After rattling the technology industry in North America, SCO Group is taking its show on the road this week.

A company spokesman confirmed Monday that CEO Darl McBride and other executives were en route to Japan, where they will spend the week explaining the SCO's high-stakes legal battle against Linux to leaders of information technology companies. The Lindon, Utah-based company stunned the tech world earlier this year when it sued IBM, claiming Big Blue violated contracts governing the use of the underlying code for the Unix operating system, which SCO controls and licenses to most big tech firms. SCO claimed that source code underneath the open-source Linux operating system--of which IBM has been a major supporter--includes major segments copied from Unix.
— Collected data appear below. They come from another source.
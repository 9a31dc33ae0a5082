-- ===== src/Connection/Frame.antt =====
-- A request that the client frames, through `one_request` and back out as a framed response.
use redis_database_basic_imp.Prelude.{
  ℕ, suc, ◌+◌, ◌-◌, ◌%◌, ◌^◌, ◌≤◌, ◌≡◌, refl, sym, ap, ◌∙◌, inl, inr, true, false, Bool-cases,
  Option, some, List, [], ◌++◌, arith, ltb, leb, ◌==◌, length, length-append, take, drop,
  drop-length_append, take-length_append,
}
use mathlib.Core.List.{append_assoc, append-nil}
use redis_database_basic_imp.Prelude.Bytes.{Bytes, le32, load32, load32-le32, length-le32}
use redis_database_basic_imp.Prelude.Run.{Run, ok}
use redis_database_basic_imp.Request.{send_req, parse_req, slice, k_max_args, k_max_msg}
use redis_database_basic_imp.Request.Format.{encode_body, AreShort, total, length-encode_body}
use redis_database_basic_imp.Request.Parse.{parse_req-encode_body}
use redis_database_basic_imp.Request.Send.{send_req-frame}
use redis_database_basic_imp.Connection.{
  state_req, Conn, buf_cap, done, Kernel, write_retry, try_flush_buffer, stateres, answered,
  run_request, parsed, one_request, res_ok,
}

-- The frame of a request.
abbrev pub frame_of : List Bytes → Bytes
frame_of cmd = le32 (4 + total cmd) ++ encode_body cmd

pub sent_frame :
    (cmd : List Bytes) (frame : Bytes)
    → AreShort cmd
    → send_req cmd ≡ some frame
    → (4 + total cmd ≤ k_max_msg) × (frame ≡ frame_of cmd)
sent_frame cmd frame short sent =
    let e = sym (send_req-frame cmd short) ∙ sent in
    elim (Bool-cases (leb (4 + total cmd) k_max_msg)) [
      | inl fits ↦ let e' = rw fits at e in (ground arith, grind (arith, e'))
      | inr big ↦ let e' = rw big at e in absurd (grind (arith, e'))
    ]

take-all : (xs : Bytes) → take (length xs) xs ≡ xs
take-all xs =
    ap (take (length xs)) (sym (append-nil xs)) ∙ take-length_append xs [] (length xs) refl

whole_slice : (buf : Bytes) (pos : ℕ) → pos ≡ 0 → slice buf pos (length buf - pos) ≡ ok buf
unfolding slice
whole_slice buf pos z =
    let inside : ltb (length buf) (pos + (length buf - pos)) ≡ false = ground arith in
    let size : length buf - pos ≡ length buf = omega arith in
    rw (inside, size, z) (ap ok (take-all buf))

behind :
    (cmd : List Bytes) (rest buf : Bytes)
    → buf ≡ frame_of cmd ++ rest
    → drop (4 + (4 + total cmd)) buf ≡ rest
behind cmd rest buf e = rw e (
    drop-length_append (frame_of cmd) rest (4 + (4 + total cmd)) 0 (
      omega (
        arith,
        length-append (le32 (4 + total cmd)) (encode_body cmd),
        length-le32 (4 + total cmd),
        length-encode_body cmd,
      )))

module _ {W : Type 0} (kernel : Kernel W) where
  -- The kernel takes the whole of `wbuf` at once.
  stateres-all :
      (fuel : ℕ) (c : Conn) (w w' : W)
      → c.wbuf_sent ≡ 0
      → kernel.sys_write c.wbuf w ≡ (done (length c.wbuf), w')
      → stateres kernel (suc fuel) c w
        ≡ ok (record c { state = state_req; wbuf = []; wbuf_sent = 0 }, w')
  unfolding stateres try_flush_buffer write_retry slice
  stateres-all fuel c w w' z takes =
      let n = length c.wbuf in
      let fits : leb (c.wbuf_sent + n) n ≡ true = ground arith in
      let all : (c.wbuf_sent + n == n) ≡ true = ground arith in
      rw (whole_slice c.wbuf c.wbuf_sent z, takes, fits, all) refl

  module _ {G : Type 0} (do_request : List Bytes → Bytes → G → Run (ℕ × (Bytes × G))) where
    -- The frame in the buffer is handed to `parse_req`, and what follows is as it says.
    pub one_request-parsed :
        (fuel : ℕ) (c : Conn) (g : G) (w : W) (cmd : List Bytes) (rest : Bytes)
        (p : Option (List Bytes))
        → 4 + total cmd ≤ k_max_msg
        → c.rbuf ≡ frame_of cmd ++ rest
        → parse_req (encode_body cmd ++ rest) (4 + total cmd) ≡ ok p
        → one_request kernel do_request fuel c g w
          ≡ parsed kernel do_request fuel c (4 + total cmd) g w p
    unfolding one_request
    one_request-parsed fuel c g w cmd rest p fits e parse =
        let n = 4 + total cmd in
        let size : length c.rbuf ≡ 4 + n + length rest = rw e (
          omega (
            arith,
            length-append (frame_of cmd) rest,
            length-append (le32 n) (encode_body cmd),
            length-le32 n,
            length-encode_body cmd,
          )) in
        let long : ltb (length c.rbuf) 4 ≡ false = ground arith in
        let small : ltb k_max_msg n ≡ false = ground arith in
        let whole : ltb (length c.rbuf) (4 + n) ≡ false = ground arith in
        let load : load32 c.rbuf ≡ some n =
          rw (e, append_assoc (le32 n) (encode_body cmd) rest)
            (load32-le32 n (encode_body cmd ++ rest) (omega (arith, fits))) in
        let body : drop 4 c.rbuf ≡ encode_body cmd ++ rest =
          rw (e, append_assoc (le32 n) (encode_body cmd) rest)
            (drop-length_append (le32 n) (encode_body cmd ++ rest) 4 0
              (omega (arith, length-le32 n))) in
        rw (long, load, small, whole, body, parse) refl

    pub one_request-frame :
        (fuel : ℕ) (c : Conn) (g : G) (w : W) (cmd : List Bytes) (rest : Bytes)
        → AreShort cmd
        → length cmd ≤ k_max_args
        → 4 + total cmd ≤ k_max_msg
        → c.rbuf ≡ frame_of cmd ++ rest
        → one_request kernel do_request fuel c g w
          ≡ run_request kernel do_request fuel c (4 + total cmd) cmd g w
    one_request-frame fuel c g w cmd rest short few fits e =
        one_request-parsed fuel c g w cmd rest (some cmd) fits e
          (parse_req-encode_body cmd rest short few)

    run_request-answer :
        (fuel : ℕ) (c : Conn) (g g' : G) (w w' : W) (len : ℕ) (cmd : List Bytes) (out : Bytes)
        → do_request cmd [] g ≡ ok (res_ok, (out, g'))
        → 4 + length out ≤ k_max_msg
        → c.wbuf_sent ≡ 0
        → kernel.sys_write (le32 (length out) ++ out) w ≡ (done (4 + length out), w')
        → run_request kernel do_request (suc fuel) c len cmd g w
          ≡ ok (
            true,
            (
              record c {
                state = state_req;
                rbuf = drop (4 + len) c.rbuf;
                wbuf = [];
                wbuf_sent = 0;
              },
              (g', w'),
            ),
          )
    unfolding run_request
    run_request-answer fuel c g g' w w' len cmd out serves fits idle takes =
        let small : length out % 2 ^ 32 ≡ length out = omega (arith, fits) in
        let within : ltb k_max_msg (4 + length out) ≡ false = ground arith in
        let room : leb (4 + length out) buf_cap ≡ true = ground arith in
        let size : 4 + length out ≡ length (le32 (length out) ++ out) =
          omega (arith, length-append (le32 (length out)) out, length-le32 (length out)) in
        let sent = takes ∙ ap (λ k. (done k, w')) size in
        let flush = stateres-all fuel (answered c len out) w w' idle (
          ap (λ k. kernel.sys_write (le32 k ++ out) w) small
          ∙ sent
          ∙ ap (λ k. (done (length (le32 k ++ out)), w')) (sym small)) in
        rw (serves, within, room, flush) refl

    -- A request that `send_req` frames is decoded and handed to `do_request`, whatever is buffered
    -- behind it, and if that succeeds with a response that fits and the kernel takes the whole frame
    -- of the response, `one_request` has sent that frame and leaves what was behind the request. The
    -- request has at most `k_max_args` arguments shorter than 2 GiB, and no response is pending.
    pub one_request-send_req :
        (fuel : ℕ) (c : Conn) (g g' : G) (w w' : W) (cmd : List Bytes) (frame rest out : Bytes)
        → AreShort cmd
        → length cmd ≤ k_max_args
        → send_req cmd ≡ some frame
        → c.rbuf ≡ frame ++ rest
        → c.wbuf_sent ≡ 0
        → do_request cmd [] g ≡ ok (res_ok, (out, g'))
        → 4 + length out ≤ k_max_msg
        → kernel.sys_write (le32 (length out) ++ out) w ≡ (done (4 + length out), w')
        → one_request kernel do_request (suc fuel) c g w
          ≡ ok (
            true,
            (record c { state = state_req; rbuf = rest; wbuf = []; wbuf_sent = 0 }, (g', w')),
          )
    one_request-send_req fuel c g g' w w' cmd frame rest out short few sent e idle serves fits
          takes =
        let (small, is) = sent_frame cmd frame short sent in
        let framed : c.rbuf ≡ frame_of cmd ++ rest = e ∙ ap (λ f. f ++ rest) is in
        one_request-frame (suc fuel) c g w cmd rest short few small framed
        ∙ run_request-answer fuel c g g' w w' (4 + total cmd) cmd out serves fits idle takes
        ∙ ap
            (λ r. ok (
              true,
              (record c { state = state_req; rbuf = r; wbuf = []; wbuf_sent = 0 }, (g', w')),
            ))
            (behind cmd rest c.rbuf framed)
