-- ===== src/Lib.antt =====
-- Models of the programs of the operating systems course, and what they do.
--
-- The repository holds three labs under Sistema_operativo_2025/labs: a shell (so25lab1g16), the
-- kernel xv6 with named semaphores (so25lab2g16) and a FAT file system that FUSE mounts
-- (so25lab3g16). This library models the parts that its authors wrote.
--
-- Base: notation and lemmas on lists, options and Booleans.
--
-- The file system, so25lab3g16, is under Fat:
-- Fat/Device holds the system calls on the volume and the clock, which are a parameter `Device`; the
-- state `Volume` of one mounted volume (the table in memory, the disk, errno, the memory that
-- buffers point into); and `Cmd`, the commands on it. A read of the table outside its map ends
-- the run with `fault`, a loop without fuel with `out_of_fuel`.
-- Fat/Table holds fat_table.c. fat_table_set_next_cluster is `set_next_cluster`, and so on.
-- Fat/Util holds full_pread and full_pwrite of fat_util.c. Fat/Time: the dates of fat_util.c.
-- Fat/Dentry holds struct fat_dir_entry_s, and the writing of entries in fat_file.c.
-- Fat/File holds fat_file_pread, fat_file_pwrite, fat_file_truncate and fat_file_free_clusters.
-- Fat/Filename holds fat_filename_util.c. Fat/Directory: fat_file_read_children and fat_file_init.
-- Fat/BigBrother holds the search for the hidden directory, big_brother.c, and Fat/Paths its tests on
-- a path, with remove_trailing_spaces of fat_util.c. Fat/Stat holds fat_file_to_stbuf.
-- A file calls the table for the cluster of an offset and the transfers for the bytes of one
-- cluster; a directory reads its clusters in the same way; big brother reads a directory at each
-- cluster that the table marks as bad.
--
-- Fat/Hierarchy is hierarchy_tree.c on the store of nodes of Fat/NodeStore: an access through a pointer to no node
-- ends the run with `fault`. Each function that follows pointers has fuel, and one unit more than the
-- nodes of the tree is enough. Fat/FileTree is fat_fs_tree.c, the client of it that orders files by their path.
-- Fat/Mount is fat_volume.c with bsr and is_power_of_2 of fat_util.h: the boot sector is decoded from the memory
-- that full_pread filled, `Parsed` tells a refused sector from one at which an assertion stops the program,
-- and the interface `Mounting` holds open, close, mmap, munmap and the size of a page. calloc and malloc
-- do not fail, and the volume's tree of files is not part of `FatVolume`.
--
-- Fat/Fuse is fat_fuse_ops.c: its state `Fuse` joins the volume of Fat/Device, the nodes of Fat/NodeStore, the files in
-- memory, each behind a pointer, and vol->file_tree; `on_volume` and `on_store` run the commands of the lower parts on it.
-- The children hold the operations: Log the lines of fs.log, Load the directories read into the tree, Start fat_fuse_init
-- with the hidden directory, Attributes getattr, Handles open, release and readdir, Transfer read and write, Create mknod
-- and mkdir, Change utime and truncate, Remove unlink and rmdir. The record `System` holds what they are given: the
-- device, the fuel, the addresses of two local buffers, the text of a date, the name of the user and dirname. The path
-- of a call is the text behind its only key. fat_fuse_rmdir has fuel for the directories inside of each other.
--
-- Buffers are addresses in one memory of bytes. A u32 or size_t is a number below 2 ^ 32 or
-- 2 ^ 64, and where an operation of the source can wrap, `% 2 ^ w` is written. The loops over a
-- transfer have fuel: one unit more than the number of bytes is enough on a device whose every
-- transfer moves a byte, and the loops over a chain need one unit more than its clusters.
--
-- Kernel/Semaphore is kernel/semaphore.c of so25lab2g16, the system calls of kernel/sysproc.c on it, and
-- what sleep, wakeup and kill of kernel/proc.c do to a process in sem_down. An operation holds the
-- semaphore's lock from its first line to its last, so it is one step of `Step`; sem_down is two
-- steps when it sleeps, up to its call of sleep and from there on. Kernel/PingPong is user/pingpong.c on these
-- calls: a schedule is the list of which process moves next, and a fork succeeds. Kernel/Tateti is user/tateti.c, with
-- three processes that move in the same way. The array is a function on
-- indexes, which the system calls keep below MAX_SEM. The rest of xv6 is the work of others.
--
-- The shell, so25lab1g16, is under Shell:
-- Shell/Command is command.c, with each assert that can fail, Shell/Parsing is parsing.c over an interface
-- `Parser` for parser.h, whose code the repository has as object files only, and Shell/Builtin
-- is builtin.c over an interface `Library` for chdir, getenv, perror and printf. Shell/Release holds
-- the two destroy functions of command.c, with a list of what they release, and strmerge of strextra.c. parse_scommand needs one unit of
-- fuel more than the arguments that the parser gives, pipeline_destroy one more than its commands.
-- Shell/Execute is execute.c: the parent's state `Parent` holds what its next forks and pipes will answer, the calls that
-- it has made, and the background processes; a fork records what its child does, and Shell/Execute/Program
-- is execute_scommand in the child. The loops run as often as their bounds say. Shell/Loop is the loop of mybash.c over
-- all of these, with fuel for the number of its rounds.
--
-- Not modelled: what is printed (the prompt of the shell, the listings of the tree, the messages), the command line of
-- fat_fuse.c, which hands the table of operations to FUSE, xv6 itself, which is the work of others, its user programs
-- and tools, and all tests.
pub mod Base
pub mod Fat
pub mod Kernel
pub mod Shell
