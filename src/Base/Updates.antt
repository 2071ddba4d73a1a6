-- ===== src/Base/Updates.antt =====
-- A function changed at one number, for arrays and memory.
use Prim.Native.Nat.{ℕ}
use mathlib.Core.Path.{◌≡◌, refl}
use mathlib.Core.Bool.{true, false}
use native.Mathlib.Omega.{arith}
use famaf_unc.Base.Tests.{◌==◌, if◌then◌else◌}

abbrev pub updated {ℓ} : {A : Type ℓ} → (ℕ → A) → ℕ → A → ℕ → A
updated f i x j = if j == i then x else f j

pub eq_self : (i : ℕ) → (i == i) ≡ true
eq_self i = ground arith

pub updated_self {ℓ} : {A : Type ℓ} (f : ℕ → A) (i : ℕ) (x : A) → updated f i x i ≡ x
updated_self f i x = rw (eq_self i) refl

pub updated-ne {ℓ} :
    {A : Type ℓ} (f : ℕ → A) (i j : ℕ) (x : A) → (j == i) ≡ false → updated f i x j ≡ f j
updated-ne f i j x h = rw h refl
It eventually revoked IBM's license to use Unix and upped its legal claim to $3 billion.

SCO later indicated it may expand the case, sending letters to technology executives at 1,500 large companies informing them that any use of Linux software could expose them to legal liability. While initial stages of the legal campaign have focused on IBM and a few other U.S.-based companies, many Asian-based firms have significant Linux investments and need to know about the issues, said Blake Stowell, director of corporate communications for SCO.

"I would say most of these companies...are well into a Linux strategy," he said. McBride will try to outline SCO's position to Asian business leaders, many of whom already pay SCO to use Unix, Stowell said. "This trip is partly to explain to them our position with our current dealings with IBM," he said. "It's also to see where we're at, with them, in terms of the Unix license that many of them already have."